_About this task_
Print, exactly as they stand, the lines from the start of the listing to the line containing "else if ltb", inclusive.
━━━━
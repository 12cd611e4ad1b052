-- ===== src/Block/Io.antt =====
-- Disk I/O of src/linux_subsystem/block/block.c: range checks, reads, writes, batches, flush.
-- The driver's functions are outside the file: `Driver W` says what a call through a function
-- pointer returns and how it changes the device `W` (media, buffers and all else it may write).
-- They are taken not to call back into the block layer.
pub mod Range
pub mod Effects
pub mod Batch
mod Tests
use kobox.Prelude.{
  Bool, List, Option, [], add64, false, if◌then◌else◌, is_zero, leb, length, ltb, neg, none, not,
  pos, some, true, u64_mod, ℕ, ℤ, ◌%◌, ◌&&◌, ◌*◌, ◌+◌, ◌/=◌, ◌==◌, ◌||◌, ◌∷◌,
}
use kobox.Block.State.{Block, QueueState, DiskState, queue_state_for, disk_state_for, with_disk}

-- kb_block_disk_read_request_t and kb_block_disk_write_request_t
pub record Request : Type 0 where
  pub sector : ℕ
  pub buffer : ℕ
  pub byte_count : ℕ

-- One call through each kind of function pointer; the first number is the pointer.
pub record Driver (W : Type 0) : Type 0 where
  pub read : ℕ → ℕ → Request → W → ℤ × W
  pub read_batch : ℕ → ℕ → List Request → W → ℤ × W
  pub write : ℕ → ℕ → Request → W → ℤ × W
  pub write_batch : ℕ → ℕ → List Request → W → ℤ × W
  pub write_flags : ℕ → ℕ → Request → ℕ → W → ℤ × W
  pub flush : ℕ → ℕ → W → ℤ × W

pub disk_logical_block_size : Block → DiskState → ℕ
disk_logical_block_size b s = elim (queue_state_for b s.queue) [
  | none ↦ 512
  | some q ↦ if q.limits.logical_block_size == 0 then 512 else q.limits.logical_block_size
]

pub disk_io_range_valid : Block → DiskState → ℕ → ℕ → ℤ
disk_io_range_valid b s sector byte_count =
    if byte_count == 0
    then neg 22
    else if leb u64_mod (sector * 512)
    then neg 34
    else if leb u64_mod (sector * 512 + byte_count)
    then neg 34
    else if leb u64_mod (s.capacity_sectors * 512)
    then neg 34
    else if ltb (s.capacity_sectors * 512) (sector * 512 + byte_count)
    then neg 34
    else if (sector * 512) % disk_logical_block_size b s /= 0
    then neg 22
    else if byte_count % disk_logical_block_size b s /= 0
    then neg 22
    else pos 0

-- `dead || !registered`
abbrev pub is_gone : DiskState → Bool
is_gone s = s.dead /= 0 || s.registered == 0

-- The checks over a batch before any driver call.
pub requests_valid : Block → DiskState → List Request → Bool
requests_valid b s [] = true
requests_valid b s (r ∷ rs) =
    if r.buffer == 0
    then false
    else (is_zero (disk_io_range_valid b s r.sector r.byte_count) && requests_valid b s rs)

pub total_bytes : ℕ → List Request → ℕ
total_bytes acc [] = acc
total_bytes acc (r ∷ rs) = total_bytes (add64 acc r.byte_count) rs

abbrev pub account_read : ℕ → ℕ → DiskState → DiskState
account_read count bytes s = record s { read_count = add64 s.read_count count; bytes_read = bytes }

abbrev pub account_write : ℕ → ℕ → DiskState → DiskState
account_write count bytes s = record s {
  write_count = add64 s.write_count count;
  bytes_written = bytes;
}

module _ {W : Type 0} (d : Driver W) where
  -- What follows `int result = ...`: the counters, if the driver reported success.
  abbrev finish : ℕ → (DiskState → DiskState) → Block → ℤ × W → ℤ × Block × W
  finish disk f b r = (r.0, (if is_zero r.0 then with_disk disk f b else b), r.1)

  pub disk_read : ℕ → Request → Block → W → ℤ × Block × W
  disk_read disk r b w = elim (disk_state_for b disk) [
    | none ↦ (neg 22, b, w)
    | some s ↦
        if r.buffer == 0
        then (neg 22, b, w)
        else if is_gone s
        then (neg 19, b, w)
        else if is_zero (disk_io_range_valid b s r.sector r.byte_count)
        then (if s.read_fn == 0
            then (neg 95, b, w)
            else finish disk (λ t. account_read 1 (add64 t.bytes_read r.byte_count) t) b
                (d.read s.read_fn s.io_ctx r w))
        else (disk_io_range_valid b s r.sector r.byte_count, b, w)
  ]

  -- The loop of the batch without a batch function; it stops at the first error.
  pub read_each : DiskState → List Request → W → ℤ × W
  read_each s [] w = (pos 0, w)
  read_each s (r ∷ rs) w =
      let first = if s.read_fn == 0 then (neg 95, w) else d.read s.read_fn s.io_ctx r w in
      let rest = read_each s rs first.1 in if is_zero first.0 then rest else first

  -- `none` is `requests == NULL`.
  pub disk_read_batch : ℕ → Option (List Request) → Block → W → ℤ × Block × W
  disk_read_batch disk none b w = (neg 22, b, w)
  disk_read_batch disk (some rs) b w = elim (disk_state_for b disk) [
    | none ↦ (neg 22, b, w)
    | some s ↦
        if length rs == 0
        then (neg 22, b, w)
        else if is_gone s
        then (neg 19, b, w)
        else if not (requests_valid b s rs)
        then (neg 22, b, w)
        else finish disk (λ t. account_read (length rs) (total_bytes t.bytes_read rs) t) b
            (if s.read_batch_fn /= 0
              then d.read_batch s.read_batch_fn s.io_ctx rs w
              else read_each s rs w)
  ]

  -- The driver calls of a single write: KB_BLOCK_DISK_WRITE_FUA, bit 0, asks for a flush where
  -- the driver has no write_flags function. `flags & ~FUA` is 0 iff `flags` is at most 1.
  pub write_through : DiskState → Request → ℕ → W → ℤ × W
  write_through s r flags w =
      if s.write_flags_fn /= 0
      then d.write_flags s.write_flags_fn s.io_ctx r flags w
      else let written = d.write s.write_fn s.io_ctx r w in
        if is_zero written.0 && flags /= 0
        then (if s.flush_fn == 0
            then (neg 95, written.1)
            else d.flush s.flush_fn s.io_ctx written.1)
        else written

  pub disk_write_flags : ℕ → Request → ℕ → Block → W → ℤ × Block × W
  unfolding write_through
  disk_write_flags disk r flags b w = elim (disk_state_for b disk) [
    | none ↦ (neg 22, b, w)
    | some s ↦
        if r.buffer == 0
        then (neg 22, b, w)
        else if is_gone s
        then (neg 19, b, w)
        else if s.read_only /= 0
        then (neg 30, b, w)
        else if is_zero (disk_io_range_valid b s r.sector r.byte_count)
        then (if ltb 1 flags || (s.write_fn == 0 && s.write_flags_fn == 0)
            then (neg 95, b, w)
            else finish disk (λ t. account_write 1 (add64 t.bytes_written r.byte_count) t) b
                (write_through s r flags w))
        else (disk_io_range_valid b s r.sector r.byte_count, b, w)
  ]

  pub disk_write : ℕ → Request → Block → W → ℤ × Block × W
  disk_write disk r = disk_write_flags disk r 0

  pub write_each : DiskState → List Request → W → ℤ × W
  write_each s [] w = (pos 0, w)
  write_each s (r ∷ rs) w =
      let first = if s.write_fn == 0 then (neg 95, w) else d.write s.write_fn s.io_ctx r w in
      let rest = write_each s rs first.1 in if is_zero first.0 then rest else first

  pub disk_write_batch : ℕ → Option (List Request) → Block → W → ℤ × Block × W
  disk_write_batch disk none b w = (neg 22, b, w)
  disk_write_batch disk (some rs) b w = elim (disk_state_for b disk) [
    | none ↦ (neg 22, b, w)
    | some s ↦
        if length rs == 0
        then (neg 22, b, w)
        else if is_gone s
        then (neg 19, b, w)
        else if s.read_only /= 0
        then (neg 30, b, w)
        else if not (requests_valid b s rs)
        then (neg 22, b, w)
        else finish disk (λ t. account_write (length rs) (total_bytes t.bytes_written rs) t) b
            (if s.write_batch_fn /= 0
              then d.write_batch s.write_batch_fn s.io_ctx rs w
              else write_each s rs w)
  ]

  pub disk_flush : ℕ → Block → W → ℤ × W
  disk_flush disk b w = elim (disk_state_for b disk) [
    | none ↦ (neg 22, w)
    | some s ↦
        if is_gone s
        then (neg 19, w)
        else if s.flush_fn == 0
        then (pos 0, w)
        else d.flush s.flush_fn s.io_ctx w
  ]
━━━━
_Task answer_
repository 12cd611e4ad1b052
-- ===== src/Block/Io.antt =====
-- Disk I/O of src/linux_subsystem/block/block.c: range checks, reads, writes, batches, flush.
-- The driver's functions are outside the file: `Driver W` says what a call through a function
-- pointer returns and how it changes the device `W` (media, buffers and all else it may write).
-- They are taken not to call back into the block layer.
pub mod Range
pub mod Effects
pub mod Batch
mod Tests
use kobox.Prelude.{
  Bool, List, Option, [], add64, false, if◌then◌else◌, is_zero, leb, length, ltb, neg, none, not,
  pos, some, true, u64_mod, ℕ, ℤ, ◌%◌, ◌&&◌, ◌*◌, ◌+◌, ◌/=◌, ◌==◌, ◌||◌, ◌∷◌,
}
use kobox.Block.State.{Block, QueueState, DiskState, queue_state_for, disk_state_for, with_disk}

-- kb_block_disk_read_request_t and kb_block_disk_write_request_t
pub record Request : Type 0 where
  pub sector : ℕ
  pub buffer : ℕ
  pub byte_count : ℕ

-- One call through each kind of function pointer; the first number is the pointer.
pub record Driver (W : Type 0) : Type 0 where
  pub read : ℕ → ℕ → Request → W → ℤ × W
  pub read_batch : ℕ → ℕ → List Request → W → ℤ × W
  pub write : ℕ → ℕ → Request → W → ℤ × W
  pub write_batch : ℕ → ℕ → List Request → W → ℤ × W
  pub write_flags : ℕ → ℕ → Request → ℕ → W → ℤ × W
  pub flush : ℕ → ℕ → W → ℤ × W

pub disk_logical_block_size : Block → DiskState → ℕ
disk_logical_block_size b s = elim (queue_state_for b s.queue) [
  | none ↦ 512
  | some q ↦ if q.limits.logical_block_size == 0 then 512 else q.limits.logical_block_size
]

pub disk_io_range_valid : Block → DiskState → ℕ → ℕ → ℤ
disk_io_range_valid b s sector byte_count =
    if byte_count == 0
    then neg 22
    else if leb u64_mod (sector * 512)
    then neg 34
    else if leb u64_mod (sector * 512 + byte_count)
    then neg 34
    else if leb u64_mod (s.capacity_sectors * 512)
    then neg 34
    else if ltb (s.capacity_sectors * 512) (sector * 512 + byte_count)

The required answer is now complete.